The sales shift to digital may help partially solve the capital conundrum. "In general, the No. 1 use of capex has been incremental square footage," Kohli said, referring to investments in new brick-and-mortar stores and remodels. "Now it's online. Suddenly you have a source of funding."

The multi-pronged, omnichannel approach to digital buying consumers took during the pandemic could also help retailers' bottom lines. A new report from Moody's retail analyst team that also looks at the lessons learned from the pandemic noted, "Unlocking inventory within their stores enables companies to reduce investment and can support improved economics as product is shipped closer to delivery points or the 'last mile' is driven by the customer."

For example, shipping from stores — which on its face is not cheap — helped to "limit the severity of markdowns by using product sitting in closed stores to fulfill online orders," the Moody's team noted.

Also freeing up cash for investments are the major cost cuts and "austerity measures" retailers took last year as they slashed spending on marketing, labor and back office functions, according to the Moody's report, which noted the cuts will likely continue beyond the COVID-19 crisis.

Sustainability at the fore

ESG (environmental, social and governance) concerns were also accelerated by the pandemic, according to the RILA and McKinsey report.
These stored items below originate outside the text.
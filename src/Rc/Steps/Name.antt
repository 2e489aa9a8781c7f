-- ===== src/Rc/Steps/Name.antt =====
-- The host name that the boot gives.
use edgi_os.Base.{
  Bytes, codes, ℕ, [], ◌∷◌, some, same, is_empty, if◌then◌else◌, ◌||◌, ◌≡◌, ◌≢◌, refl, arith,
  bytes_discrete, Bool-cases, inl, inr,
}
use edgi_os.Base.Strings.{trim_space}
use edgi_os.Os.World.{World, hostname_set, emit, pure, file, ok, attempt, ◌>>=◌, ◌>>◌}
use edgi_os.Os.Files.{read_file, follow}
use edgi_os.Os.Process.{sethostname, gethostname}
use edgi_os.Os.Logged.{logged}
use edgi_os.Rc.Calls.{read, trimmed}
use edgi_os.Rc.Steps.{name_by_address, do_hostname, name_from}

abbrev pub Named : World → Type 0
Named w = (w.hostname ≢ []) × (w.hostname ≢ codes "(none)")

-- The name is a proper one, where it has the form that the address gives.
name_by_address-Named :
    (w : World) (mac : Bytes) → w.faults ≡ [] → mac ≢ [] → Named (name_by_address mac w).1
unfolding sethostname ◌>>=◌
name_by_address-Named w [] f n = absurd (n refl)
name_by_address-Named w (c ∷ mac) f n = rw f (ground arith, ground arith)

-- A read that nothing disturbs.
read-quiet :
    (p s : Bytes) (m : ℕ) (w : World)
    → w.faults ≡ []
    → w.files p ≡ some (file m s)
    → read p w ≡ (ok (trim_space s), record w { faults = [] })
unfolding read read_file follow ◌>>=◌
read-quiet p s m w f h = rw f (rw h (rw h refl))

name_from-Named :
    (w : World) (m : ℕ) (mac : Bytes)
    → w.faults ≡ []
    → w.files (codes "/sys/class/net/eth0/address") ≡ some (file m mac)
    → trim_space mac ≢ []
    → Named (name_from (ok w.hostname) w).1
unfolding ◌>>=◌ bytes_discrete
name_from-Named w m mac f h n =
    elim (Bool-cases (same w.hostname (codes "(none)") || is_empty w.hostname)) [
      | inl y ↦ rw y (
          rw (read-quiet _ mac m w f h)
            (name_by_address-Named (record w { faults = [] }) (trim_space mac) refl n))
      | inr y ↦ rw y (ground arith, ground arith)
    ]

-- What follows the name in /etc/hostname.
after_name-Named :
    (w : World) (name : Bytes) (m : ℕ) (mac : Bytes)
    → w.faults ≡ []
    → w.files (codes "/sys/class/net/eth0/address") ≡ some (file m mac)
    → trim_space mac ≢ []
    → Named
        (((if is_empty name then pure tt else logged (sethostname name))
            >> (attempt gethostname >>= name_from))
          w).1
unfolding sethostname gethostname ◌>>=◌
after_name-Named w [] m mac f h n = rw f (name_from-Named (record w { faults = [] }) m mac refl h n)
after_name-Named w (c ∷ name) m mac f h n = rw f (
    name_from-Named (emit (hostname_set (c ∷ name)) (record w { faults = []; hostname = c ∷ name }))
      m mac refl h n)

read_file-quiet :
    (p : Bytes) (w : World) → w.faults ≡ [] → (read_file p w).1 ≡ record w { faults = [] }
unfolding read_file
read_file-quiet p w f = rw f refl

-- Where no call fails and the network card eth0 has an address, the machine has a name after doHostname: one that is
-- neither empty nor the kernel's `(none)`, whatever /etc/hostname holds.
pub do_hostname-Named :
    (w : World) (m : ℕ) (mac : Bytes)
    → w.faults ≡ []
    → w.files (codes "/sys/class/net/eth0/address") ≡ some (file m mac)
    → trim_space mac ≢ []
    → Named (do_hostname w).1
unfolding do_hostname read ◌>>=◌
do_hostname-Named w m mac f h n = rw (read_file-quiet (codes "/etc/hostname") w f) (
    after_name-Named (record w { faults = [] }) (trimmed (read_file (codes "/etc/hostname") w).0) m
      mac refl h n)
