-- ===== src/Upgrade/Laws.antt =====
-- The lock of an upgrade.
use edgi_os.Base.{
  Bytes, ℕ, [], Option, none, some, ◌≡◌, ◌≢◌, refl, ap, arith, bytes_discrete, inl, inr, Bool-cases,
}
use edgi_os.Os.World.{
  Error, Result, ok, err, World, Node, file, directory, link, M, Fault, fine, fail, short,
  under_fault, head_fault, charge, ◌>>=◌,
}
use edgi_os.Os.Files.{stat, open_truncated, follow, max_links, store_at, is_directory}
use edgi_os.Os.Keeps.{Keeps, Ends, Keeps-bind, Keeps-pure, Keeps-raise, Ends-bind, Ends-then}
use edgi_os.Upgrade.{Options, upgrade, validate_system_root, need_directory}

module _ (w : World) (p : Bytes) where
  -- The state of `w` but for the faults.
  abbrev Same : World → Type 0
  Same v = (v.files ≡ w.files) × (v.trace ≡ w.trace)

  -- The state of `w` but for the faults and what stands behind `p`.
  abbrev SameBut : World → Type 0
  SameBut v =
      ((q : Bytes) → follow max_links w.files p ≢ some q → v.files q ≡ w.files q)
      × (v.trace ≡ w.trace)

  abbrev Locked {ℓ} : {A : Type ℓ} → Result A → World → Type ℓ
  Locked r v = ((e : Error) × (r ≡ err e)) × SameBut v

  stat-Same : (root : Bytes) → Keeps Same (stat root)
  unfolding stat follow
  stat-Same root = record { at = λ v (h, g). (ground arith, ground arith) }

  need_directory-Same : (root : Bytes) (n : Node) → Keeps Same (need_directory root n)
  need_directory-Same root (directory m) = Keeps-pure tt
  need_directory-Same root (file m s) = Keeps-raise _
  need_directory-Same root (link t) = Keeps-raise _

  validate_system_root-Same : (root : Bytes) → Keeps Same (validate_system_root root)
  unfolding validate_system_root
  validate_system_root-Same root =
      Keeps-bind (stat root) (stat-Same root) (need_directory root) (need_directory-Same root)

  store_at-SameBut :
      (perm : ℕ) (o : Option Bytes) (v : World)
      → follow max_links w.files p ≡ o
      → Same v
      → SameBut (store_at o [] perm (ok tt) v).1
  unfolding bytes_discrete
  store_at-SameBut perm none v e (h, g) = (λ q n. ap (λ f. f q) h, g)
  store_at-SameBut perm (some r) v e (h, g) = elim (Bool-cases (is_directory (v.files r))) [
    | inl y ↦ rw y (λ q n. ap (λ f. f q) h, g)
    | inr y ↦ rw y (λ q n. let o = ap (λ f. f q) h in ground arith, g)
  ]

  under_fault-SameBut :
      (perm : ℕ) (f : Fault) (v : World)
      → Same v
      → SameBut (under_fault f (λ u. store_at (follow max_links u.files p) [] perm (ok tt) u) v).1
  under_fault-SameBut perm fine v (h, g) =
      store_at-SameBut perm (follow max_links v.files p) v (rw h refl) (h, g)
  under_fault-SameBut perm (fail e) v (h, g) = (λ q n. ap (λ f. f q) h, g)
  under_fault-SameBut perm (short k e) v (h, g) = (λ q n. ap (λ f. f q) h, g)

  open_truncated-SameBut : (perm : ℕ) → Ends Same (λ r v. SameBut v) (open_truncated p perm)
  unfolding open_truncated
  open_truncated-SameBut perm = record {
    at = λ v h. under_fault-SameBut perm (head_fault v.faults) (charge v) h;
  }

  Same-SameBut : (v : World) → Same v → SameBut v
  Same-SameBut v (h, g) = (λ q n. ap (λ f. f q) h, g)

  stopped-Locked {ℓ κ} :
      {A : Type ℓ} {B : Type κ} (e : Error) (m : M A) (f : A → M B)
      → ((v : World) → m v ≡ (err e, v))
      → Ends SameBut Locked (m >>= f)
  unfolding ◌>>=◌
  stopped-Locked e m f stops = record { at = λ v h. rw (stops v) ((e, refl), h) }

module _ (copy : Bytes → Bytes → M (Unit {0}))
    (mount : Bytes → Bytes → Bytes → Bytes → M (Unit {0})) (flock unlock : Bytes → M (Unit {0}))
    (look_path : Bytes → M Bytes) (e : Error) (o : Options) (w : World)
    (taken : (v : World) → flock o.lock_file v ≡ (err e, v)) where
  abbrev Stopped {ℓ} : {A : Type ℓ} → Result A → World → Type ℓ
  Stopped r v = Locked w o.lock_file r v

  -- One root is checked, and the rest follows.
  validate-Locked {ℓ} :
      {B : Type ℓ} (root : Bytes) (f : Unit {0} → M B)
      → ((a : Unit {0}) → Ends (Same w o.lock_file) Stopped (f a))
      → Ends (Same w o.lock_file) Stopped (validate_system_root root >>= f)
  validate-Locked root f =
      Ends-bind (λ x v h. ((x, refl), Same-SameBut w o.lock_file v h)) (validate_system_root root) f
        (validate_system_root-Same w o.lock_file root)

  upgrade-Locked : Ends (Same w o.lock_file) Stopped (upgrade copy mount flock unlock look_path o)
  unfolding upgrade
  upgrade-Locked = validate-Locked o.source _ λ _. validate-Locked o.destination _ λ _.
      Ends-then (λ r v. SameBut w o.lock_file v) Stopped (λ x v h. ((x, refl), h)) _
        (λ _. stopped-Locked w o.lock_file e (flock o.lock_file) _ taken)
        (open_truncated o.lock_file 0o644) (open_truncated-SameBut w o.lock_file 0o644)

  -- An upgrade that cannot have the lock, because another upgrade holds it, fails, has asked nothing of the
  -- kernel or of other programs, and has changed no file but the one behind the name of the lock file.
  pub upgrade-locked :
      (q : Bytes)
      → follow max_links w.files o.lock_file ≢ some q
      → let (r, w') = upgrade copy mount flock unlock look_path o w in
        ((x : Error) × (r ≡ err x)) × (w'.files q ≡ w.files q) × (w'.trace ≡ w.trace)
  upgrade-locked q n =
      let (failed, same) = upgrade-Locked.at w (refl, refl) in (failed, same.0 q n, same.1)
In the early days of the pandemic, with retailers focused on sheer survival amid massive revenue shortfalls, it was unclear if the push for more focus on sustainability and social good would continue apace.

"The pandemic wasn't the only thing that was happening last year," RILA President Brian Dodge said in an interview, pointing to the civil unrest around the killing of George Floyd and other major social movements and tensions seen over 2020. "Social issues came to the fore in a major way. It dealt directly with the fundamental health to the business overall."

In data cited in the report, Gen Zers especially are willing to pay more for products that support their values, and 80% of that generation refuse to buy goods from companies involved in societal scandals.

Dodge said that some of the "imperatives" listed in the report "can be perceived as being in direct conflict," such as a focus on environmentally sustainable practices and the race to faster shipping.

RILA's report also advises retailers to tap into on-demand labor and gig models without accounting for the overall potential for economic uncertainty those models may create for workers. It does, however, note that "this flexibility comes with risks, including an erosion of brand identity and company culture, legal and regulatory issues, and an uneven customer experience."